=== To do ===
If a line comes after the one containing "Leads I J m", leave it out; copy every line before it, and that line too, exactly as written, starting from the first line of the entries.

=== Records supplied ===
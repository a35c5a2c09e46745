-- ===== src/DispatchService/Keeping.antt =====
-- What a dispatch keeps if its parts keep it.
use abyte_tex.Base.{ℕ, Option, none, some, truthy, arith}
use abyte_tex.Http.{conflict}
use abyte_tex.Context.{TenantRequestContext}
use abyte_tex.Schema
use abyte_tex.Schema.{Dispatch, IdempotencyScope}
use abyte_tex.Database.{Prisma, Db, pure, transaction, or_throw, log, Action, ◌>>=◌, ◌>>◌, for_each}
use abyte_tex.Database.Laws.{Ensures, Ensures-bind, Ensures-transaction}
use abyte_tex.Database.Effects.{IsReading, IsReading-Ensures}
use abyte_tex.Idempotency.{check_key, record_key}
use abyte_tex.DispatchService.{
  CreateDispatchDto, get_by_id, open_dispatch, open_item, issue_item, roll_forward, ship,
  check_dispatch, dispatch_anew, create_dispatch,
}

-- An action that makes of one invariant another, if it returns.
abbrev pub Leads : {A : Type 0} → (Db → Type 0) → (Db → Type 0) → Action A → Type 0
Leads I J m = (db : Db) → I db → Ensures (λ _ d. J d) (m db)

module _ ⦃P : Prisma⦄ (ctx : TenantRequestContext) where
  pub check_key-IsReading :
      (s : IdempotencyScope) (key : Option ℕ) → IsReading (check_key ctx s key)
  unfolding check_key
  check_key-IsReading s key db = ground arith

  pub get_by_id-IsReading : (i : ℕ) → IsReading (get_by_id ctx i)
  unfolding get_by_id
  get_by_id-IsReading i db = ground arith

  -- The dispatch of an earlier request with the key, or a new one.
  abbrev pub resume : CreateDispatchDto → ℕ → Option ℕ → Action Dispatch
  resume dto user_id k = elim (truthy k) [
    | some id ↦ get_by_id ctx id
    | none ↦ dispatch_anew ctx dto user_id
  ]

  -- The transaction keeps what its parts keep.
  module _ (dto : CreateDispatchDto) (user_id : ℕ) (J : Db → Type 0)
      (opens : Leads J J (open_dispatch ctx dto))
      (lines : (i : ℕ) → Leads J J (λ d. for_each dto.items (open_item ctx i) d))
      (issues : (i : ℕ) → Leads J J (λ d. for_each dto.items (issue_item ctx dto user_id i) d))
      (rolls : Leads J J (roll_forward ctx dto.sales_order_id)) where
    pub ship-Leads : Leads J J (ship ctx dto user_id)
    unfolding ship
    ship-Leads db h =
        let I : Dispatch → Db → Type 0 = λ _ d. J d in
        let roll = λ (c : Dispatch). roll_forward ctx dto.sales_order_id >> pure c in
        let issue = λ (c : Dispatch). for_each dto.items (issue_item ctx dto user_id c.id) in
        Ensures-bind I (open_dispatch ctx dto)
          (λ c. for_each dto.items (open_item ctx c.id) >> (issue c >> roll c)) db (opens db h)
          (λ c d1 h1.
            Ensures-bind I (for_each dto.items (open_item ctx c.id)) (λ _. issue c >> roll c) d1
              (lines c.id d1 h1)
              (λ _ d2 h2.
                Ensures-bind I (issue c) (λ _. roll c) d2 (issues c.id d2 h2)
                  (λ _ d3 h3.
                    Ensures-bind I (roll_forward ctx dto.sales_order_id) (λ _. pure c) d3
                      (rolls d3 h3) (λ _ _ k. k))))

  -- What the checks make of an invariant, the transaction and the records after it keep.
  module _ (dto : CreateDispatchDto) (user_id : ℕ) (I J : Db → Type 0)
      (weaken : (db : Db) → J db → I db) (checks : Leads I J (check_dispatch ctx dto))
      (ships : Leads J J (ship ctx dto user_id))
      (logs : (c : Dispatch)
        → Leads J J (λ d. log ctx Schema.AuditAction.create Schema.EntityType.dispatch c.id d))
      (records : (c : Dispatch)
        → Leads J J (λ d. record_key ctx Schema.dispatch_create dto.idempotency_key c.id d)) where
    dispatch_anew-Leads : Leads I I (dispatch_anew ctx dto user_id)
    unfolding dispatch_anew
    dispatch_anew-Leads db h =
        let K : Dispatch → Db → Type 0 = λ _ d. J d in
        let L : Dispatch → Db → Type 0 = λ _ d. I d in
        let record_it = λ (c : Dispatch).
          record_key ctx Schema.dispatch_create dto.idempotency_key c.id >> pure c in
        let log_it =
          λ (c : Dispatch). log ctx Schema.AuditAction.create Schema.EntityType.dispatch c.id in
        Ensures-bind L (check_dispatch ctx dto)
          (λ _. transaction (ship ctx dto user_id) >>= λ c. log_it c >> record_it c) db
          (checks db h)
          (λ _ d1 h1.
            Ensures-bind L (transaction (ship ctx dto user_id)) (λ c. log_it c >> record_it c) d1
              (Ensures-transaction K (ship ctx dto user_id) d1 (ships d1 h1))
              (λ c d2 h2.
                Ensures-bind L (log_it c) (λ _. record_it c) d2 (logs c d2 h2)
                  (λ _ d3 h3.
                    Ensures-bind L (record_key ctx Schema.dispatch_create dto.idempotency_key c.id)
                      (λ _. pure c) d3 (records c d3 h3) (λ _ d4 h4. weaken d4 h4))))

    resume-Leads : (k : Option ℕ) → Leads I I (resume dto user_id k)
    resume-Leads k db h = go (truthy k)
      where
        go :
            (o : Option ℕ)
            → Ensures
                (λ _ d. I d)
                (elim o as (λ _. Action Dispatch) [
                  | some id ↦ get_by_id ctx id
                  | none ↦ dispatch_anew ctx dto user_id
                ]
                  db)
        go none = dispatch_anew-Leads db h
        go (some i) = IsReading-Ensures I (get_by_id ctx i) db (get_by_id-IsReading i) h

    pub create_dispatch-Leads : Leads I I (create_dispatch ctx dto user_id)
    unfolding create_dispatch
    create_dispatch-Leads db h =
        let key = check_key ctx Schema.dispatch_create dto.idempotency_key in
        Ensures-bind (λ _ d. I d) (or_throw (truthy ctx.tenant_id) conflict)
          (λ _. key >>= resume dto user_id) db
          (IsReading-Ensures I (or_throw (truthy ctx.tenant_id) conflict) db (λ d. ground arith) h)
          (λ _ d1 h1.
            Ensures-bind (λ _ d. I d) key (resume dto user_id) d1
              (IsReading-Ensures I key d1
                (check_key-IsReading Schema.dispatch_create dto.idempotency_key) h1)
              (λ k d2 h2. resume-Leads k d2 h2))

=== Response ===
repository a35c5a2c09e46745
-- ===== src/DispatchService/Keeping.antt =====
-- What a dispatch keeps if its parts keep it.
use abyte_tex.Base.{ℕ, Option, none, some, truthy, arith}
use abyte_tex.Http.{conflict}
use abyte_tex.Context.{TenantRequestContext}
use abyte_tex.Schema
use abyte_tex.Schema.{Dispatch, IdempotencyScope}
use abyte_tex.Database.{Prisma, Db, pure, transaction, or_throw, log, Action, ◌>>=◌, ◌>>◌, for_each}
use abyte_tex.Database.Laws.{Ensures, Ensures-bind, Ensures-transaction}
use abyte_tex.Database.Effects.{IsReading, IsReading-Ensures}
use abyte_tex.Idempotency.{check_key, record_key}
use abyte_tex.DispatchService.{
  CreateDispatchDto, get_by_id, open_dispatch, open_item, issue_item, roll_forward, ship,
  check_dispatch, dispatch_anew, create_dispatch,
}

-- An action that makes of one invariant another, if it returns.
abbrev pub Leads : {A : Type 0} → (Db → Type 0) → (Db → Type 0) → Action A → Type 0
Leads I J m = (db : Db) → I db → Ensures (λ _ d. J d) (m db)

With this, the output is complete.